For Today I Am a Boy by Kim Fu
File under: Trans Joy (hard-won)
If you’re reading this blog, I’m guessing you’ve already agreed that what we call gender identity, expression, and ways of being are not situated or otherwise linked to the biological configuration of our body parts. Seems simple enough, right? If only we could be liberated by the simple act of naming the absurdity of it all.
For Today I Am a Boy is a story of Peter Huang, a girly boy who makes it deep into adulthood strapped into his place by gender roles enforced by the cultural gravity that occurs in the behaviors, expectations, and assumptions played on his body by others. Some people know his (her) truth, others refuse or otherwise cannot see it. No one speaks of it. The violent oppression of prescribed gender, in this case, compulsory toxic masculinity, is exposed through the shapes of Peter’s relationships. Thankfully, Peter does arrive at the conscious cost/benefit analysis of choosing herself, and the story ends in a celebratory tone. Trans joy For The Win.
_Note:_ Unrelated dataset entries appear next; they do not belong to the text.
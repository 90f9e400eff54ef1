-- ===== src/Adapter/Rest/Backoff.antt =====
-- The retries of src/ai_ha/ha_adapter/client.py.
use native.Mathlib.Nat.{pow-suc}
use ai_home_assistant.Prelude.{
  ℕ, zero, suc, ◌+◌, ◌*◌, ◌^◌, String, Bool, true, false, List, [], ◌∷◌, ◌++◌, min, ◌==◌, ◌≡◌, refl,
  ap, ◌∙◌, arith, nat_eq,
}
use ai_home_assistant.Adapter.Rest.{
  Attempt, connect_error, response, ha_unreachable, read_response, after_attempt, fetch_loop,
  fetch_states,
}

-- The waits before the retries from number `i` on: two to the power of the number, up to a minute.
abbrev pub waits_from : ℕ → ℕ → List ℕ
waits_from i zero = []
waits_from i (suc n) = min 60 (2 ^ i) ∷ waits_from (i + 1) n

-- `n` attempts that do not connect.
abbrev pub failures : ℕ → List Attempt
failures zero = []
failures (suc n) = connect_error ∷ failures n

doubled : (i : ℕ) → min 60 (min 60 (2 ^ i) * 2) ≡ min 60 (2 ^ (i + 1))
doubled i =
    let next : i + 1 ≡ suc i = omega arith in
    let step : 2 ^ (i + 1) ≡ 2 ^ i * 2 = ap (λ k. 2 ^ k) next ∙ pow-suc 2 i in omega (arith, step)

module _ (is_success : ℕ → Bool) where
  fetch_loop-response :
      (retries failed spare i status : ℕ) (body : String) (later : List Attempt)
      → retries ≡ i + suc (failed + spare)
      → fetch_loop is_success retries
          (suc (failed + spare))
          i
          (min 60 (2 ^ i))
          (failures failed ++ response status body ∷ later)
        ≡ (read_response is_success status body, waits_from i failed)
  unfolding fetch_loop after_attempt
  fetch_loop-response retries zero spare i status body later h = refl
  fetch_loop-response retries (suc n) spare i status body later h =
      let count : suc n + spare ≡ suc (n + spare) = omega arith in
      let not_last : (i + 1 == retries) ≡ false = ground arith in
      let ih = fetch_loop-response retries n spare (i + 1) status body later (omega arith) in
      rw (count, not_last, doubled i, ih) refl

  fetch_loop_unreachable :
      (retries rounds i : ℕ) (answers : List Attempt)
      → retries ≡ i + suc rounds
      → answers ≡ []
      → fetch_loop is_success retries (suc rounds) i (min 60 (2 ^ i)) answers
        ≡ (ha_unreachable, waits_from i rounds)
  unfolding fetch_loop after_attempt
  fetch_loop_unreachable retries zero i answers h e =
      let is_last : (i + 1 == retries) ≡ true = ground arith in rw (e, is_last) refl
  fetch_loop_unreachable retries (suc n) i answers h e =
      let not_last : (i + 1 == retries) ≡ false = ground arith in
      let ih = fetch_loop_unreachable retries n (i + 1) [] (omega arith) refl in
      rw (e, not_last, doubled i, ih) refl

  -- Fewer failures to connect than the retries do not change the outcome: the first answer decides
  -- it. Before the retry number `k`, counted from 0, the client waits 2 ^ k seconds, at most 60.
  pub fetch_states-response :
      (failed spare status : ℕ) (body : String) (later : List Attempt)
      → fetch_states is_success
          (suc (failed + spare))
          (failures failed ++ response status body ∷ later)
        ≡ (read_response is_success status body, waits_from 0 failed)
  unfolding fetch_states
  fetch_states-response failed spare status body later =
      fetch_loop-response (suc (failed + spare)) failed spare 0 status body later (omega arith)

  -- A server that never answers is reported as unreachable after one attempt more than there are
  -- waits, and the client does not wait after the last attempt.
  pub fetch_states_unreachable :
      (retries : ℕ)
      → fetch_states is_success (suc retries) [] ≡ (ha_unreachable, waits_from 0 retries)
  unfolding fetch_states
  fetch_states_unreachable retries =
      fetch_loop_unreachable (suc retries) retries 0 [] (omega arith) refl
While its true my experience is that of a non-binary person, and FTIAAB deals with what I’m going to dangerously call the simpler subject of binary transness, the author depicts the experience of prescribed-gender-non-conformity with the kind of dimension that made me feel as if I were exploring a diorama of my own life while I devoured all 242 pages in a single sitting.
Fu’s approachable storytelling is pitch perfect. She hits all the notes.
Had I read Kim Fu’s brilliant debut novel sooner, I wonder if I would have sat down to write my memoir? The act of trying to articulate it all feels a little silly today in light of FTIAAB, published eleven years ago. But even as I begin to think my story is redundant in light of this genius book, I remember just how many cowboy movies there are, and I want to flood the scene with ever more hard-won trans joy.